Democrats have gone to some length to tease out the post-election intentions of the president and GOP leaders on Capitol Hill.

One round of attacks was set off by a recent Bush statement that the sales tax “could” be a useful reform. The Democrats have also highlighted page 272 of a recent book by Speaker Dennis Hastert (R-Ill.). On it, he calls the national sales tax an “interesting proposition” and “worthy of consideration.”

DeLay spokesman Jonathan Grella acknowledged that the Majority Leader considers the national sales tax his “favorite” alternative to the current tax system. But Grella indicated that Republicans are set to consider a raft of reform plans, not limited to the sales tax.

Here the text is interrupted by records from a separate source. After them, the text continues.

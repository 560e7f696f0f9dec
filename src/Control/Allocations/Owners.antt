-- ===== src/Control/Allocations/Owners.antt =====
-- Who may act on an allocation: the answers of bind and revoke on every branch.
use orlop.Prelude.{
  ℕ, Text, true, false, none, some, not, eqb, eqb_refl, is_some, if◌then◌else◌, ok, err, ◌≡◌, refl,
  find, find-update_key, Option-cases, arith, inl, inr, update_key,
}
use orlop.Prelude.Map.{is_empty}
use orlop.Control.Store.{
  Allocation, Store, Result, not_found, revoked, wrong_user, already_bound, allocation_id,
  get_allocation,
}
use orlop.Control.Store.Disks.{update_where, revoke_allocation, coalesce}
use orlop.Control.Allocations.{revoke, get_for_user}

abbrev bound_to : Text → ℕ → Allocation → Allocation
bound_to agent now a = record a { bound_agent_id = some agent; bound_at = some now }

-- What a bind is to answer.
unfoldable pub bind_contract : ℕ → Text → Text → Text → Store → Result (Allocation × Store)
bind_contract now id user agent db = elim (find allocation_id id db.allocations) [
  | none ↦ err not_found
  | some a ↦
      if not (eqb a.user_id user)
      then err wrong_user
      else if is_some a.revoked_at
      then err revoked
      else if is_some a.bound_agent_id
      then err already_bound
      else ok (
        bound_to agent now a,
        record db { allocations = update_key allocation_id id (bound_to agent now) db.allocations },
      )
]

abbrev revoked_from : ℕ → Allocation → Allocation
revoked_from now a = record a { revoked_at = coalesce a.revoked_at now }

revoked_twice :
    (now now' : ℕ) (a : Allocation) → revoked_from now' (revoked_from now a) ≡ revoked_from now a
revoked_twice now now' a = ground (arith, Option-cases a.revoked_at)

revoke-done :
    (now : ℕ) (id user : Text) (db db' : Store) (a : Allocation)
    → revoke now id user db ≡ ok (a, db')
    → (b : Allocation) × (a ≡ revoked_from now b)
      × (get_allocation id db' ≡ ok a)
      × (eqb b.user_id user ≡ true)
      × (is_empty b.user_id ≡ false)
unfolding revoke revoke_allocation update_where get_allocation
revoke-done now id user db db' a done = elim (Option-cases (find allocation_id id db.allocations)) [
  | inl e ↦ ground (arith, e, done)
  | inr (b, e) ↦ (
    b,
    ground (arith, e, done),
    ground (
      arith,
      e,
      done,
      eqb_refl id,
      find-update_key allocation_id id id (revoked_from now) db.allocations (λ _. refl),
    ),
    ground (arith, e, done),
    ground (arith, e, done),
  )
]

revoke-again :
    (now : ℕ) (id user : Text) (db : Store) (a : Allocation)
    → get_allocation id db ≡ ok a
    → eqb a.user_id user ≡ true
    → is_empty a.user_id ≡ false
    → revoked_from now a ≡ a
    → (db' : Store) × (revoke now id user db ≡ ok (a, db')) × (get_allocation id db' ≡ ok a)
unfolding revoke revoke_allocation update_where get_allocation
revoke-again now id user db a here owned named same = (
  record db { allocations = update_key allocation_id id (revoked_from now) db.allocations },
  ground (arith, here, owned, named, same, Option-cases (find allocation_id id db.allocations)),
  ground (
    arith,
    here,
    same,
    eqb_refl id,
    Option-cases (find allocation_id id db.allocations),
    find-update_key allocation_id id id (revoked_from now) db.allocations (λ _. refl),
  ),
)

-- A revocation that succeeds shuts the allocation for its owner, and a second one, at any later time, answers and leaves
-- the same.
pub revoke_is_final :
    (now now' : ℕ) (id user : Text) (db db' : Store) (a : Allocation)
    → revoke now id user db ≡ ok (a, db')
    → (get_for_user id user db' ≡ err revoked)
      × (get_allocation id db' ≡ ok a)
      × ((db'' : Store) × (revoke now' id user db' ≡ ok (a, db''))
          × (get_allocation id db'' ≡ ok a))
unfolding get_for_user
revoke_is_final now now' id user db db' a done =
    let (b, shape, here, owned, named) = revoke-done now id user db db' a done in
    (
      ground (arith, here, shape, owned, Option-cases b.revoked_at),
      here,
      revoke-again now' id user db' a here (ground (arith, shape, owned))
          (ground (arith, shape, named)) (rw shape (revoked_twice now now' b)),
    )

The House Republican Conference plans to convene a meeting Thursday to begin an internal debate over how the party should approach tax reform.

“The voters will not be fooled by Democrats who feign interest in protecting their wallets,” Grella said. The Democrats “are as much of an impediment [to taxpayers] as the [Internal Revenue Service] itself.”

Democratic Congressional Campaign Committee Chairman Robert Matsui (Calif.) said he was pleasantly surprised by DeLay’s willingness to push the national sales tax issue.

“We now feel that this is going to be on the agenda for the Republican House in 2005,” said Matsui. “We think if this thing gains some roots in the Republican Conference, and hopefully they keep talking about it, then we will have an opportunity to talk about what Members are supporting it.”

The national sales tax would impose a levy — perhaps as much as 23 percent — on all retail purchases. Critics contend that the tax would impose a disproportionately greater burden on lower- and middle-income wage earners, who tend to spend a greater share of their income on purchases.

Proponents suggest that retail goods themselves would likely be less expensive without the compliance costs and other burdens created by the current tax code and then passed along to consumers in the cost of everyday products.

The administration plans to convene a bipartisan commission after the election to juggle different ideas and reach consensus on the most suitable plan.

“It’s basically over the next few months that this will occur,” said Treasury Department spokesman Robert Nichols. He pointed to an ongoing department study of the Alternative Minimum Tax as one of the preliminary steps toward reform that is already being taken.

The AMT is the minimum rate applied to wealthier taxpayers regardless of deductions and exemptions.

Despite strategic weaknesses the Democrats believe they have unearthed with the national sales tax, they are nevertheless wary of pushing too hard that they make the party appear to be the defender of an unpopular tax regime.

Indeed, just this year some party leaders identified tax reform as a potential treasure trove for party message builders, citing the mounting complexity of the current system. House Minority Whip Steny Hoyer (D-Md.), among others, convened a working group to study ideas and build resistance to GOP proposals, while Rep. Chaka Fattah (D-Pa.) put a plan on the table that would impose a fee on nearly all transactions.

“If you frame the issue as a fairer, simpler code, it’s a home run” with voters, one senior Democratic leadership aide said, citing internal party polling.

Alluding to their GOP opponents, the aide added, “I’m sure they did the same polling we did.”